HOW TO COMPLETE THIS TASK. Below is a listing. Quote from it, exactly, the lines from the one containing "and a device" down to the one containing "build with CONFIG_RSI_MULTI_MODE.", both ends included, and nothing else.
↓
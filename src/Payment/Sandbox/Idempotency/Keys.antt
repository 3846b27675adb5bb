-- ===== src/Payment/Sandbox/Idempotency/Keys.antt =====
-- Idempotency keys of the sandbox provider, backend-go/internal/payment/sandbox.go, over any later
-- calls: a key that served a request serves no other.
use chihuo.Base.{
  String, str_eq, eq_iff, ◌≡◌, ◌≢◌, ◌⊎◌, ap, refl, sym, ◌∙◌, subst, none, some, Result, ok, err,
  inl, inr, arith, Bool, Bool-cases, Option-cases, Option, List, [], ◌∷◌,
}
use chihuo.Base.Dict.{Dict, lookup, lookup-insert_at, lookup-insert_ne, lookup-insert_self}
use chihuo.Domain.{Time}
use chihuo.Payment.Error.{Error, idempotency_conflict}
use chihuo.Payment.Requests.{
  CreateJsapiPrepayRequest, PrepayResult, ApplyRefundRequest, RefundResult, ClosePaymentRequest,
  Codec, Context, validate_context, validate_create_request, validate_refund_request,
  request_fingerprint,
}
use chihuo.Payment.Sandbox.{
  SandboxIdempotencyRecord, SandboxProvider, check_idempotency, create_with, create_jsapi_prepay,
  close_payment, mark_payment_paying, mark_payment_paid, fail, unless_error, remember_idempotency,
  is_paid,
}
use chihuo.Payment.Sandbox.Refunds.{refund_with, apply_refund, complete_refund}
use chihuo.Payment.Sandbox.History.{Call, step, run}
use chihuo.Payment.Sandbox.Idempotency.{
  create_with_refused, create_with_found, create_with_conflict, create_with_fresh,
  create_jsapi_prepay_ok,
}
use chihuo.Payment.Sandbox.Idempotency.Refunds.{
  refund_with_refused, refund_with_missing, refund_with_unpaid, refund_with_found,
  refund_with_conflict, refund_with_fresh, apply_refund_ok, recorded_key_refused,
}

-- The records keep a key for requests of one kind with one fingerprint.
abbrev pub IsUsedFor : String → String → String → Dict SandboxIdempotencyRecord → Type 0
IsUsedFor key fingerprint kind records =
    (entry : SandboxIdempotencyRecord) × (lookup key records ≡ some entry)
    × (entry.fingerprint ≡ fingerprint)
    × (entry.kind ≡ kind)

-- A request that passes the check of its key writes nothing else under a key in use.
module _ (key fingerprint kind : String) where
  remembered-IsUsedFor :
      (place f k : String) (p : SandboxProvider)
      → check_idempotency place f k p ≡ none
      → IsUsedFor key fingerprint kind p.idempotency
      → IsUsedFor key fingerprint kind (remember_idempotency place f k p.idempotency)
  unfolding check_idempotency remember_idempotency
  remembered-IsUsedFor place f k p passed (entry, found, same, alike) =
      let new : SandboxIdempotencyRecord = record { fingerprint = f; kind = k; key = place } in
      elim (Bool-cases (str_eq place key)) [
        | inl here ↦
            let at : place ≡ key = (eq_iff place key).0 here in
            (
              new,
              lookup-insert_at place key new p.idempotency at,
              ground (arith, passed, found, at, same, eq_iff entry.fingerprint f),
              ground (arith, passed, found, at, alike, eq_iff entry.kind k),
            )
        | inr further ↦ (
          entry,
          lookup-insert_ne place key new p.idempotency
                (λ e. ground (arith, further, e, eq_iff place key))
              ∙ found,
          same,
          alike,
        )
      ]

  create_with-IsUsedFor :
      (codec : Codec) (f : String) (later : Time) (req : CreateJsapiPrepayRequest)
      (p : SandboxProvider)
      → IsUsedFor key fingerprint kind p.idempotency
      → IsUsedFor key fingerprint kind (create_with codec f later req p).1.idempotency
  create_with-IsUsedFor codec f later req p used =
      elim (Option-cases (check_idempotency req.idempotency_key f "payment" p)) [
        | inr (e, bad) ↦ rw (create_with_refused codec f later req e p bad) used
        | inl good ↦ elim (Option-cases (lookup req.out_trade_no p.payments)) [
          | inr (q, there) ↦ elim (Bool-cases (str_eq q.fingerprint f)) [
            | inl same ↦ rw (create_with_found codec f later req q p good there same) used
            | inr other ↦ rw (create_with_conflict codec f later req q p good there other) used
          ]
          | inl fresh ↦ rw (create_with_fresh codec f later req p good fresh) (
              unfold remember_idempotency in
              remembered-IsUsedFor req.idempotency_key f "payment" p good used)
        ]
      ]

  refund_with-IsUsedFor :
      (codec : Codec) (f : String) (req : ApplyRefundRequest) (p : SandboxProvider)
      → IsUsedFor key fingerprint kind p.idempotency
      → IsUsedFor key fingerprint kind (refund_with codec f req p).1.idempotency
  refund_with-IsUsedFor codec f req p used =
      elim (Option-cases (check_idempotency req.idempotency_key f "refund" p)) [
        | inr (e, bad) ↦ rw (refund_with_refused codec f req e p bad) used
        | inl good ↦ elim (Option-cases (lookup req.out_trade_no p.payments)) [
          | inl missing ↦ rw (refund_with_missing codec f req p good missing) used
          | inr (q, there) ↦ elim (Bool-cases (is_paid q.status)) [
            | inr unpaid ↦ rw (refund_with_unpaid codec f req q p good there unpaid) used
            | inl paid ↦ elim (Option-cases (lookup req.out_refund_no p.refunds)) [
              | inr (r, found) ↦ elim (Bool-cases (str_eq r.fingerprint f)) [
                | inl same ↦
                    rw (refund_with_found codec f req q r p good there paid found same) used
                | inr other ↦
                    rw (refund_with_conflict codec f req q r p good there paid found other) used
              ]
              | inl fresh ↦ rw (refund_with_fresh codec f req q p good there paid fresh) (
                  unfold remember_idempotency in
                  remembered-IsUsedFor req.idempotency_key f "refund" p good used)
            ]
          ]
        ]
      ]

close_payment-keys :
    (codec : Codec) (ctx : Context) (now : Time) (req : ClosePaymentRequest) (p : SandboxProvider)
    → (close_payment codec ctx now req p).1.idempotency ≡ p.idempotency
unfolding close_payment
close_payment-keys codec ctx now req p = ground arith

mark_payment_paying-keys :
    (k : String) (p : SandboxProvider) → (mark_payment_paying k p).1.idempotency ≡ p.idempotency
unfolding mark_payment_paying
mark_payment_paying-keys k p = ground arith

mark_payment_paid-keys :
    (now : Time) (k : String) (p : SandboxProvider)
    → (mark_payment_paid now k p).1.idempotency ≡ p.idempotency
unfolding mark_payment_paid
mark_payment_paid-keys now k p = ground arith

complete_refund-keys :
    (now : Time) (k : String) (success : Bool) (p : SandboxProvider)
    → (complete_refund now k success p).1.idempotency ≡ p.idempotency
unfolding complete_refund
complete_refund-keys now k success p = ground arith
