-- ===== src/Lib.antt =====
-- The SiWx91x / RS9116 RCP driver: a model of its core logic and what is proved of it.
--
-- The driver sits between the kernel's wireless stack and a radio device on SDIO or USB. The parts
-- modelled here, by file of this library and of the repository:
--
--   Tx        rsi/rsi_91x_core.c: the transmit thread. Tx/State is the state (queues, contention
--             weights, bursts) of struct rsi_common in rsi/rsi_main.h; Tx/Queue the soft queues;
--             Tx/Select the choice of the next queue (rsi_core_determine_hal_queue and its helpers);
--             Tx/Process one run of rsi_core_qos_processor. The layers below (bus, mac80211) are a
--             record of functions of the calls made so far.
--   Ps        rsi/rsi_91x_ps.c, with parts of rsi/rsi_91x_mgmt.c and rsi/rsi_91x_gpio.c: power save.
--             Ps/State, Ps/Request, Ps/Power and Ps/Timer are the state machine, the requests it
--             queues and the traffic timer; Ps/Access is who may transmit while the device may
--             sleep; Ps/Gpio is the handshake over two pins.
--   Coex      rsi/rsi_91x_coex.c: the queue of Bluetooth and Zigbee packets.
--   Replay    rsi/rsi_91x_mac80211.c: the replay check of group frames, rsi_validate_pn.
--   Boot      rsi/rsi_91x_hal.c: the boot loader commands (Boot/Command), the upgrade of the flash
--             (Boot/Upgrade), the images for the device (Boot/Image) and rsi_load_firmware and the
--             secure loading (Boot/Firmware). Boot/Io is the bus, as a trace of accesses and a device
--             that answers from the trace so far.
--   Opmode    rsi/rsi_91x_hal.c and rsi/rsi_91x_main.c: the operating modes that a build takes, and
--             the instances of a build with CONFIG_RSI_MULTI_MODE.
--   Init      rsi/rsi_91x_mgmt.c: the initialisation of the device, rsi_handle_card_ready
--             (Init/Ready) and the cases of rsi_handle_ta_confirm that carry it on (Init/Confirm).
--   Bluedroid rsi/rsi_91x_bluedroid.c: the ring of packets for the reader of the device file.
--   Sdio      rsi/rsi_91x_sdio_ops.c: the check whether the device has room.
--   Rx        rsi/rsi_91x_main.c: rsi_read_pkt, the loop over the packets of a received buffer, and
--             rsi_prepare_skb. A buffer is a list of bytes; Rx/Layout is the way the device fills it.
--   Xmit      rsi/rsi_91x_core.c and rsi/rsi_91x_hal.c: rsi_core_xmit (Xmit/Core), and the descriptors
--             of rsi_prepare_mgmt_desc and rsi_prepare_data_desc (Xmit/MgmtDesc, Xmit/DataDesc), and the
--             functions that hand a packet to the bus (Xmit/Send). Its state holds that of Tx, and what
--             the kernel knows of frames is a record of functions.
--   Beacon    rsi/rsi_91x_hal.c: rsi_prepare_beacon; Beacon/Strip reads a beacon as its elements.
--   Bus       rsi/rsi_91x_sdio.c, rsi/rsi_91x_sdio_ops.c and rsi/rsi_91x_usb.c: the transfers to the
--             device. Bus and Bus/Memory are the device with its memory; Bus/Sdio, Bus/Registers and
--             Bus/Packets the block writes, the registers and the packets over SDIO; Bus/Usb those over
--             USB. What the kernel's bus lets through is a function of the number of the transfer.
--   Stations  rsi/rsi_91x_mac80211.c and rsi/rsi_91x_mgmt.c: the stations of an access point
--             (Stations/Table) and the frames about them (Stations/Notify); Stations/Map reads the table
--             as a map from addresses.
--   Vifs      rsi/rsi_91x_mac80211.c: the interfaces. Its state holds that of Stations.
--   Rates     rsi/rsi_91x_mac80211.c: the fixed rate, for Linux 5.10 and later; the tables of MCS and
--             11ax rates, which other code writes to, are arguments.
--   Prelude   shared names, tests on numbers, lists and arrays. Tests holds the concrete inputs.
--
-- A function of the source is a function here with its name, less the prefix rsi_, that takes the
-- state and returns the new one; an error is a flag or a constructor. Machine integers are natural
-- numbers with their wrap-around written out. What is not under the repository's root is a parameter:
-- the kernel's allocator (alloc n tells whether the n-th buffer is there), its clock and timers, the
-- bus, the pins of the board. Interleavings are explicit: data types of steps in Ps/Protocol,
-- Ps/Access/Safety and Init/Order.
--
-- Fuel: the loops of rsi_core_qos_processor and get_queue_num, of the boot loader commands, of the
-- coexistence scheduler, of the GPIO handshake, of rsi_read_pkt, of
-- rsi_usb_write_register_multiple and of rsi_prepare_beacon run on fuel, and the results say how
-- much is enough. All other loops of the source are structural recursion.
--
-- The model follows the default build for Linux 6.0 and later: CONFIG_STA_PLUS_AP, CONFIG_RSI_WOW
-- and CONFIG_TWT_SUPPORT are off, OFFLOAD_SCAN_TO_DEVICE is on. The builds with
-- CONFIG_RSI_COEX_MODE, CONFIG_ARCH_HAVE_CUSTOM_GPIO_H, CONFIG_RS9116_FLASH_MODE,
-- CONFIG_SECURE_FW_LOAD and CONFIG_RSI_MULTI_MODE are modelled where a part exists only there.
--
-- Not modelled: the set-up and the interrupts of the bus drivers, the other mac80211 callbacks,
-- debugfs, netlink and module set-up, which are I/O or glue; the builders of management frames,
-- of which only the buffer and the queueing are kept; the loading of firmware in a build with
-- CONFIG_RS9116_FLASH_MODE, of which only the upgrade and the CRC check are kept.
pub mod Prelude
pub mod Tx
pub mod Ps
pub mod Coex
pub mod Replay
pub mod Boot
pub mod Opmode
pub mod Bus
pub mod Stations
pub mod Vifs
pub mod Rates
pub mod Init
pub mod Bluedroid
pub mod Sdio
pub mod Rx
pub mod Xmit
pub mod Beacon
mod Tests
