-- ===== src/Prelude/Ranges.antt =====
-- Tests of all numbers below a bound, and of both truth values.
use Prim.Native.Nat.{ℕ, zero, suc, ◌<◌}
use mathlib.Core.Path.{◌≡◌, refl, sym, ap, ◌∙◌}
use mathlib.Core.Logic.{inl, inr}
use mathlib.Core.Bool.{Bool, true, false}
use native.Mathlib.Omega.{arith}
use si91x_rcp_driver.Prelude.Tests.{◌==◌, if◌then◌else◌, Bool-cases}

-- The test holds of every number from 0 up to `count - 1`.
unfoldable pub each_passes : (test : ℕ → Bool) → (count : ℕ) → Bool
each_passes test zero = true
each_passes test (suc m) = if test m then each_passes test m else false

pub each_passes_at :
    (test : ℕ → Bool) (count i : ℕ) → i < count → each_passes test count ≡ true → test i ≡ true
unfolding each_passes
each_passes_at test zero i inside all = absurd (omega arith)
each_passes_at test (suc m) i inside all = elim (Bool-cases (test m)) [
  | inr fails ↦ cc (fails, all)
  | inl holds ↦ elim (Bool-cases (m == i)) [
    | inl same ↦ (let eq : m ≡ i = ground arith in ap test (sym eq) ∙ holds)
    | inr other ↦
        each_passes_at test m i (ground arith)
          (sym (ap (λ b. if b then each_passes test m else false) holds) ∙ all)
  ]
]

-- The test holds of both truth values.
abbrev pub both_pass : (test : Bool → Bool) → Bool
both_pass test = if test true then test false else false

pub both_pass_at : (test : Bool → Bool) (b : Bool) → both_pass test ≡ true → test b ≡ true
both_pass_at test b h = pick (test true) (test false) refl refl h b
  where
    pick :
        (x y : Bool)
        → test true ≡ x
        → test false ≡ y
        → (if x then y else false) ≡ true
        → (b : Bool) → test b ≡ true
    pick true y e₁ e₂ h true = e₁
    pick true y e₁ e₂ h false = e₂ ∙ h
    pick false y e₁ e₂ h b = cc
↑
↓
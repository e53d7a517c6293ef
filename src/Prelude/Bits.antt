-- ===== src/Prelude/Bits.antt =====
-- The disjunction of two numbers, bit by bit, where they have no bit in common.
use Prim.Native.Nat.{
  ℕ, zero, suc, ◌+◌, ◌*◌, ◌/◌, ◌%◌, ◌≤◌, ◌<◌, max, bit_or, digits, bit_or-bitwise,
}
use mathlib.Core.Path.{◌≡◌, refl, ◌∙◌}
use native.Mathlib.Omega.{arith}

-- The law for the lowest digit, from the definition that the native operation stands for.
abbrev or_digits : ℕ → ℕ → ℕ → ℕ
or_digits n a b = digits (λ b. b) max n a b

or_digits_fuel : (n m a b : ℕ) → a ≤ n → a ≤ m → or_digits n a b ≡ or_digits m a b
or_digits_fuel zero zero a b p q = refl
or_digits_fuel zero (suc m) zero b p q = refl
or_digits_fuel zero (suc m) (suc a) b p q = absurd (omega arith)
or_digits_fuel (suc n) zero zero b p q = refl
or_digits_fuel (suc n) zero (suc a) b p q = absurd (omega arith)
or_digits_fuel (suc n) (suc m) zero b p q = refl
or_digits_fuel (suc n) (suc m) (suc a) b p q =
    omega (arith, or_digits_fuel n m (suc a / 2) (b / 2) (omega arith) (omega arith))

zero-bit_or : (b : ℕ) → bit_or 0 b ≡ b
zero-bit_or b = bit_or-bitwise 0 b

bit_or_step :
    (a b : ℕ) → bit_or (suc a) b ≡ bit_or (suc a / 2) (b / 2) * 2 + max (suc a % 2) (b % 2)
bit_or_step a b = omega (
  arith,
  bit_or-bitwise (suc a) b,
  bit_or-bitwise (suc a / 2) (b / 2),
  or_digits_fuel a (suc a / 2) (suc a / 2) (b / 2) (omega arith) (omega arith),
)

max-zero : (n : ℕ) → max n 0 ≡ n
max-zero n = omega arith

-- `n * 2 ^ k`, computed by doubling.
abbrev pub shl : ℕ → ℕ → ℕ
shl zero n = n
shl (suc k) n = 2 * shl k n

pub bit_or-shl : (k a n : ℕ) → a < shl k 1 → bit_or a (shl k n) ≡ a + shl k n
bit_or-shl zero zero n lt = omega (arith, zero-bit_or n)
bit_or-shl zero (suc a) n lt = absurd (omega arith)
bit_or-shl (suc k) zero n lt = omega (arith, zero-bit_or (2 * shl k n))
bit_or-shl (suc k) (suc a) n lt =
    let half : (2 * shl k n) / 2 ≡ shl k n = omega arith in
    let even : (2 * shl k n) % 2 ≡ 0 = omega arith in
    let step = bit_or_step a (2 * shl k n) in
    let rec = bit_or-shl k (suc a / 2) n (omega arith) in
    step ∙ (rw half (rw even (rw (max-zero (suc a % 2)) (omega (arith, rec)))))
↑
WRITTEN SOLUTION.
--             secure loading (Boot/Firmware). Boot/Io is the bus, as a trace of accesses and a device
--             that answers from the trace so far.
--   Opmode    rsi/rsi_91x_hal.c and rsi/rsi_91x_main.c: the operating modes that a build takes, and
--             the instances of a build with CONFIG_RSI_MULTI_MODE.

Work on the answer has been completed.